(DATA FOR ANALYSIS begins)

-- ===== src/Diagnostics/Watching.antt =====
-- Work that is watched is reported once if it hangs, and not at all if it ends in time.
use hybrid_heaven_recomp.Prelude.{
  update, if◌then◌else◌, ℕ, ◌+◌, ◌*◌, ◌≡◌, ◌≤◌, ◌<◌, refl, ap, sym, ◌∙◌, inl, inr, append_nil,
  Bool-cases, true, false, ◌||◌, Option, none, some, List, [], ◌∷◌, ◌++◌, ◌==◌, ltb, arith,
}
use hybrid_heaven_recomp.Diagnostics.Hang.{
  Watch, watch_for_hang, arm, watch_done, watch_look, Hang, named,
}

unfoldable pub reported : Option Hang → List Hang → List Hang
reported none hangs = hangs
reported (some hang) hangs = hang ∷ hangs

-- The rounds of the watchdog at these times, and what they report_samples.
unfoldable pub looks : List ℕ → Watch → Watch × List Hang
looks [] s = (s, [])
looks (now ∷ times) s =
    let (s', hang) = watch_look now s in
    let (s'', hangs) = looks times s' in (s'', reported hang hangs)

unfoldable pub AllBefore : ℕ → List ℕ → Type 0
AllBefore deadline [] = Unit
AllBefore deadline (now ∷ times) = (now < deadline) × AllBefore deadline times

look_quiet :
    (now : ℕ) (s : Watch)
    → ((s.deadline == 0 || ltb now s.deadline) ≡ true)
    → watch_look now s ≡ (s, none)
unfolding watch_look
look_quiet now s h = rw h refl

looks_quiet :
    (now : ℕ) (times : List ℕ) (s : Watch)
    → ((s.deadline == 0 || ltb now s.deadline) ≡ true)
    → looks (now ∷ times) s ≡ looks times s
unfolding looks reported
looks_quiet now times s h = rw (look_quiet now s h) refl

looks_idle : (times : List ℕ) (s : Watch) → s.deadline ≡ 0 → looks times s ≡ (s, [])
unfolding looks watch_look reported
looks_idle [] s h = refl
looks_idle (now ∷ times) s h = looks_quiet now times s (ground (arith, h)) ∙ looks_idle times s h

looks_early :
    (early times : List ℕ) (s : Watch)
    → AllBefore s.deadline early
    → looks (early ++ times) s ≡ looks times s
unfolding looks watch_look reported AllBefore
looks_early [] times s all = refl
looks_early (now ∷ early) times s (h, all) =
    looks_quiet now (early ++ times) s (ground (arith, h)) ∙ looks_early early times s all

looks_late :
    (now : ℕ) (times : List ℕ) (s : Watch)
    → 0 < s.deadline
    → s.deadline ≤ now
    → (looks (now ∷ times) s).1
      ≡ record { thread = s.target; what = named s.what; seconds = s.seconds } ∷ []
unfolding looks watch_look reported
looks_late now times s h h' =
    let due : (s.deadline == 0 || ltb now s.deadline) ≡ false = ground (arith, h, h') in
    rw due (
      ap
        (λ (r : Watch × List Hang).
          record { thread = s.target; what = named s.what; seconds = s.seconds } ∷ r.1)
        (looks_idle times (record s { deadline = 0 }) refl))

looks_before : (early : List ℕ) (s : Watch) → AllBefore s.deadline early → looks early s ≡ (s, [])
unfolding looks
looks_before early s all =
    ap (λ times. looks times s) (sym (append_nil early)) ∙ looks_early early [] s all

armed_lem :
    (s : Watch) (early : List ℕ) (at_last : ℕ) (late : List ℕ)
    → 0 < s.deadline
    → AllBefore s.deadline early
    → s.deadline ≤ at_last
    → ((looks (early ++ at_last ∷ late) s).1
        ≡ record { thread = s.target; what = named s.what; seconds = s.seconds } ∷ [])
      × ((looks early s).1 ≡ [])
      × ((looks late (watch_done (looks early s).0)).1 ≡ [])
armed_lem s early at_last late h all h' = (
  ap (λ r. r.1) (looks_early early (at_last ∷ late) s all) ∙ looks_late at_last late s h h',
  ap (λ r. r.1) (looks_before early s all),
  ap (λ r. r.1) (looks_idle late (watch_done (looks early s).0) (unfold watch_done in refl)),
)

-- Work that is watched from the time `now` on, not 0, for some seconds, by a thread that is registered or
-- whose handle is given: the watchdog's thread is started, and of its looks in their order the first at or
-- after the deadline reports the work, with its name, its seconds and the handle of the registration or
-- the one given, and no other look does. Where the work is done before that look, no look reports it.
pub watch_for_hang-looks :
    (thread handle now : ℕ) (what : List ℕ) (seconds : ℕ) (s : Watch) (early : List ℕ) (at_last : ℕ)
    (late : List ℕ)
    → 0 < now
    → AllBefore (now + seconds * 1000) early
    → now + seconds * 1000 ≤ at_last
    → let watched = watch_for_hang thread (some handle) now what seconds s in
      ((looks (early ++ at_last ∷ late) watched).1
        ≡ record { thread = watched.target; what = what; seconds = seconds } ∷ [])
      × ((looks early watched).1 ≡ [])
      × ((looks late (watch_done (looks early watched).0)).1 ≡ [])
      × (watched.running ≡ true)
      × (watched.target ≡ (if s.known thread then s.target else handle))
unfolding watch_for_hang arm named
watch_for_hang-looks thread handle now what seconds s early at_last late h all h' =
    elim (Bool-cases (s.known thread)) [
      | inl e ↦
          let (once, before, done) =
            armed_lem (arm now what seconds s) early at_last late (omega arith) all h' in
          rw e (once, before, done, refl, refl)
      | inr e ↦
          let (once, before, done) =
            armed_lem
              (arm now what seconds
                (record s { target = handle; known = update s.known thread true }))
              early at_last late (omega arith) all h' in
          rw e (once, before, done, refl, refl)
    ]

(DATA FOR ANALYSIS ends)

> _ASSIGNED TASK_: Within the data above, how many lines include the word "some"? Respond with the number only.

> _TASK RESULT_: 4